Enable LLMJudge from the CLI by passing --judge-url http://localhost:9090 --judge-model gpt-4.
Implementing a custom evaluator
Any class with name and score() satisfies the protocol:
class WordCountDiff:
name = "word-count-diff"
def score(self, original, processed):
original_words = len(original.get("context", "").split())
output_words = len(processed.get("response", "").split())

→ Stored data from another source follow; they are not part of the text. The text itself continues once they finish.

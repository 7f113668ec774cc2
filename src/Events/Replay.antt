-- ===== src/Events/Replay.antt =====
-- crates/machineemu/src/api/events.rs: `subscribe` on every branch.
use machineemu.Prelude.{
  ◌∙◌, ℕ, suc, ◌≤◌, ◌<◌, ◌≡◌, refl, sym, ap, subst, Bool, true, false, ◌||◌, Option, none, some,
  List, [], ◌∷◌, ◌++◌, length, length-append, leb, ◌⊎◌, inl, inr, Bool-cases, arith,
}
use machineemu.Prelude.Result.{Result, ok, err}
use machineemu.Events.Cursors.{u64_mod, Cursor}
use machineemu.Events.Histories.{
  EventRecord, History, EventHub, add_u64, max_event_bytes, global_subscribers,
  instance_subscribers, lookup, or_default, put, sum,
}
use machineemu.Events.Histories.Entries.{Unique-put, sum-put_found, All-put, All-found}
use machineemu.Events.Histories.Evicted.{Follow, IsHistory}
use machineemu.Events.Kept.{IsHub, history_of}
use machineemu.Events.Published.{Published, no_text, too_long, accepted, publish-result}
use machineemu.Events.{
  last, new_record, StatusCode, too_many_requests, service_unavailable, after, publish,
  subscriber_count, is_replayable, initial_records, join, subscribe,
}
use machineemu.Events.Reached.{Follow-after, IsReached, IsUnreached, reached, unreached}

last-append : (earlier : List EventRecord) (r : EventRecord) → last (earlier ++ r ∷ []) ≡ r ∷ []
unfolding last
last-append [] r = refl
last-append (q ∷ []) r = refl
last-append (q ∷ s ∷ earlier) r = last-append (s ∷ earlier) r

initial-last :
    (cursor : Option Cursor) (earlier : List EventRecord) (r : EventRecord)
    (records : List EventRecord)
    → records ≡ earlier ++ r ∷ []
    → initial_records cursor false records ≡ r ∷ []
initial-last none earlier r records e = ap last e ∙ last-append earlier r
initial-last (some c) earlier r records e = ap last e ∙ last-append earlier r

module _ {Sender : Type 0} (channel : ℕ → Sender)
    (try_send : Sender → EventRecord → Option Sender) where
  -- The hub that a subscriber has joined.
  pub record Joined (hub : EventHub Sender) (instance_id : List ℕ) (cursor : Option Cursor)
      (replay : Bool) (h : History Sender)
      (out : Option (EventHub Sender × Result StatusCode (ℕ × List EventRecord))) : Type 0 where
    pub left : EventHub Sender
    pub number : ℕ
    pub ran : out ≡ some (left, ok (number, initial_records cursor replay h.records))
    pub is_sound : IsHub left
    pub same_order : left.next_order ≡ hub.next_order

  pub join_lem :
      (hub : EventHub Sender) (instance_id : List ℕ) (cursor : Option Cursor) (replay : Bool)
      (h : History Sender)
      → IsHub hub
      → lookup instance_id hub.histories ≡ some h
      → length h.subscribers < instance_subscribers
      → sum (λ i. length i.subscribers) hub.histories < global_subscribers
      → Joined hub instance_id cursor replay h (join channel try_send instance_id cursor replay hub)
  unfolding join
  join_lem hub instance_id cursor replay h v found here all =
      let old = All-found (IsHistory hub.next_order) instance_id h hub.histories found v.each in
      let number = add_u64 hub.next_subscriber 1 in
      let h' = record h { subscribers = h.subscribers ++ (number, channel 64) ∷ [] } in
      let people =
        sum-put_found (λ i. length i.subscribers) instance_id h' h hub.histories refl found in
      let bytes = sum-put_found (λ i. i.bytes) instance_id h' h hub.histories refl found in
      let one_more = length-append h.subscribers ((number, channel 64) ∷ []) in
      record {
        left = record hub {
          next_subscriber = number;
          histories = put instance_id h' hub.histories;
        };
        number = number;
        ran = rw (join, found) refl;
        is_sound = record {
          generation_length = v.generation_length;
          unique = Unique-put instance_id h' hub.histories v.unique;
          each =
              All-put (IsHistory hub.next_order) instance_id h' hub.histories
                (record {
                  counted = old.counted;
                  bytes_le = old.bytes_le;
                  few = old.few;
                  before = old.before;
                  contiguous = old.contiguous;
                  sequence_le = old.sequence_le;
                  subscribers_le = omega (arith, one_more, here);
                  ordered = old.ordered;
                })
                v.each;
          counted = omega (arith, bytes, v.counted);
          within = v.within;
          subscribers_le = omega (arith, people, one_more, all);
        };
        same_order = refl;
      }

  -- What a subscriber gets: the events after its cursor, or else a snapshot.
  pub data SubscribeResult (hub : EventHub Sender) (instance_id : List ℕ) (cursor : Option Cursor)
      (snapshot : Option (List ℕ))
      (out : Option (EventHub Sender × Result StatusCode (ℕ × List EventRecord))) : Type 0 where
    full :
        (global_subscribers ≤ sum (λ h. length h.subscribers) hub.histories)
          ⊎ (instance_subscribers ≤ length (history_of hub instance_id).subscribers)
        → out ≡ some (hub, err too_many_requests)
        → SubscribeResult hub instance_id cursor snapshot out
    replayed :
        (c : Cursor)
        → cursor ≡ some c
        → (k : IsReached hub instance_id c)
        → Follow c.sequence (after c.sequence k.history.records) k.history.next_sequence
        → Joined hub instance_id (some c) true k.history out
        → SubscribeResult hub instance_id cursor snapshot out
    no_snapshot :
        IsUnreached hub instance_id cursor
        → (snapshot ≡ none)
          ⊎ ((text : List ℕ) × (snapshot ≡ some text) × (max_event_bytes < length text))
        → out ≡ some (hub, err service_unavailable)
        → SubscribeResult hub instance_id cursor snapshot out
    resynced :
        (text : List ℕ)
        → snapshot ≡ some text
        → IsUnreached hub instance_id cursor
        → (p : Published hub instance_id "snapshot" text
            (publish channel try_send instance_id "snapshot" snapshot false hub))
        → Joined p.left instance_id cursor false p.kept out
        → initial_records cursor false p.kept.records
          ≡ new_record hub instance_id "snapshot" text ∷ []
        → SubscribeResult hub instance_id cursor snapshot out

  same_outcome :
      (hub : EventHub Sender) (instance_id : List ℕ) (cursor : Option Cursor) (replay : Bool)
      (h : History Sender)
      {out out' : Option (EventHub Sender × Result StatusCode (ℕ × List EventRecord))}
      → out' ≡ out
      → Joined hub instance_id cursor replay h out
      → Joined hub instance_id cursor replay h out'
  same_outcome hub instance_id cursor replay h same j =
      subst (Joined hub instance_id cursor replay h) (sym same) j

  abbrev is_full : EventHub Sender → List ℕ → Bool
  is_full hub instance_id =
      leb global_subscribers (sum subscriber_count hub.histories)
      || leb instance_subscribers (subscriber_count (history_of hub instance_id))

  room_left :
      (hub : EventHub Sender) (instance_id : List ℕ)
      → is_full hub instance_id ≡ false
      → (sum (λ h. length h.subscribers) hub.histories < global_subscribers)
        × (length (history_of hub instance_id).subscribers < instance_subscribers)
  room_left hub instance_id free = ground arith

  no_room :
      (hub : EventHub Sender) (instance_id : List ℕ)
      → is_full hub instance_id ≡ true
      → (global_subscribers ≤ sum (λ h. length h.subscribers) hub.histories)
        ⊎ (instance_subscribers ≤ length (history_of hub instance_id).subscribers)
  no_room hub instance_id taken = ground arith

  subscribe_fresh :
      (hub : EventHub Sender) (instance_id : List ℕ) (cursor : Option Cursor)
      (snapshot : Option (List ℕ))
      → IsHub hub
      → length instance_id ≤ 64
      → suc hub.next_order < u64_mod
      → is_full hub instance_id ≡ false
      → is_replayable hub instance_id cursor ≡ false
      → SubscribeResult hub instance_id cursor snapshot
          (subscribe channel try_send instance_id cursor snapshot hub)
  unfolding subscribe
  subscribe_fresh hub instance_id cursor snapshot v short room free fresh =
      elim (publish-result channel try_send hub instance_id "snapshot" snapshot false v short
        room) [
          | no_text missing ran ↦
              no_snapshot (unreached hub instance_id cursor v room fresh) (inl missing)
                (rw (subscribe, free, fresh, ran) refl)
          | too_long text given long ran ↦
              no_snapshot (unreached hub instance_id cursor v room fresh) (inr (text, given, long))
                (rw (subscribe, free, fresh, ran) refl)
          | accepted text given fits p ↦
              let j =
                join_lem p.left instance_id cursor false p.kept p.is_sound p.found
                  (let (all, here) = room_left hub instance_id free in omega (arith, p.no_more))
                  (let (all, here) = room_left hub instance_id free in omega (arith, p.people)) in
              resynced text given (unreached hub instance_id cursor v room fresh) p
                (same_outcome p.left instance_id cursor false p.kept
                  (rw (subscribe, free, fresh, p.ran) refl) j)
                (initial-last cursor p.earlier _ p.kept.records p.ends)
        ]

  subscribe_again :
      (hub : EventHub Sender) (instance_id : List ℕ) (cursor : Option Cursor)
      (snapshot : Option (List ℕ))
      → IsHub hub
      → suc hub.next_order < u64_mod
      → is_full hub instance_id ≡ false
      → is_replayable hub instance_id cursor ≡ true
      → SubscribeResult hub instance_id cursor snapshot
          (subscribe channel try_send instance_id cursor snapshot hub)
  subscribe_again hub instance_id none snapshot v room free known_to =
      absurd (unfold is_replayable in cc known_to)
  subscribe_again hub instance_id (some c) snapshot v room free known_to =
      let k = reached hub instance_id c v room known_to in
      let (all, here) = room_left hub instance_id free in
      let same : history_of hub instance_id ≡ k.history = rw k.found (unfold or_default in refl) in
      let j =
        join_lem hub instance_id (some c) true k.history v k.found
          (omega (arith, here, ap (λ h. length h.subscribers) same)) all in
      let joined : subscribe channel try_send instance_id (some c) snapshot hub
          ≡ join channel try_send instance_id (some c) true hub =
        unfold subscribe in rw (subscribe, free, known_to) refl in
      replayed c refl k
        (Follow-after c.sequence k.before k.history.records k.history.next_sequence k.before_le k.le
          k.contiguous)
        (same_outcome hub instance_id (some c) true k.history joined j)

  -- A subscription to an instance with a name of at most 64 bytes, in a valid hub that has counted
  -- less than 2^64 - 1 events, always ends, in one of four ways. With 128 subscribers in all or 8
  -- of the instance it is refused. A cursor of this instance and hub, numbered neither above the
  -- latest event nor below the number that the records start after, gets the events after it,
  -- numbered one by one up to the latest. Only without such a cursor is there a snapshot: one that
  -- can be published is, and is what the subscriber gets; one that cannot be leaves the hub alone.
  -- A hub with a new subscriber is valid again.
  pub subscribe-result :
      (hub : EventHub Sender) (instance_id : List ℕ) (cursor : Option Cursor)
      (snapshot : Option (List ℕ))
      → IsHub hub
      → length instance_id ≤ 64
      → suc hub.next_order < u64_mod
      → SubscribeResult hub instance_id cursor snapshot
          (subscribe channel try_send instance_id cursor snapshot hub)
  subscribe-result hub instance_id cursor snapshot v short room =
      elim (Bool-cases (is_full hub instance_id)) [
        | inl taken ↦
            full (no_room hub instance_id taken) (unfold subscribe in rw (subscribe, taken) refl)
        | inr free ↦ elim (Bool-cases (is_replayable hub instance_id cursor)) [
          | inl known_to ↦ subscribe_again hub instance_id cursor snapshot v room free known_to
          | inr fresh ↦ subscribe_fresh hub instance_id cursor snapshot v short room free fresh
        ]
      ]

ratio = output_words / original_words if original_words else 0.0
return {"word_count_ratio": ratio}
Pass it alongside built-in evaluators:
result = evaluate(
systems=[my_system],
dataset=my_dataset,
evaluators=[AnswerQuality(), WordCountDiff()],
...
)
All score fields from all evaluators are merged into the same EvalRow.scores dict, so they are all available to metrics.
Evaluator is a typing.Protocol. Implement the methods on any class — no imports from context-bench are required to define a custom evaluator.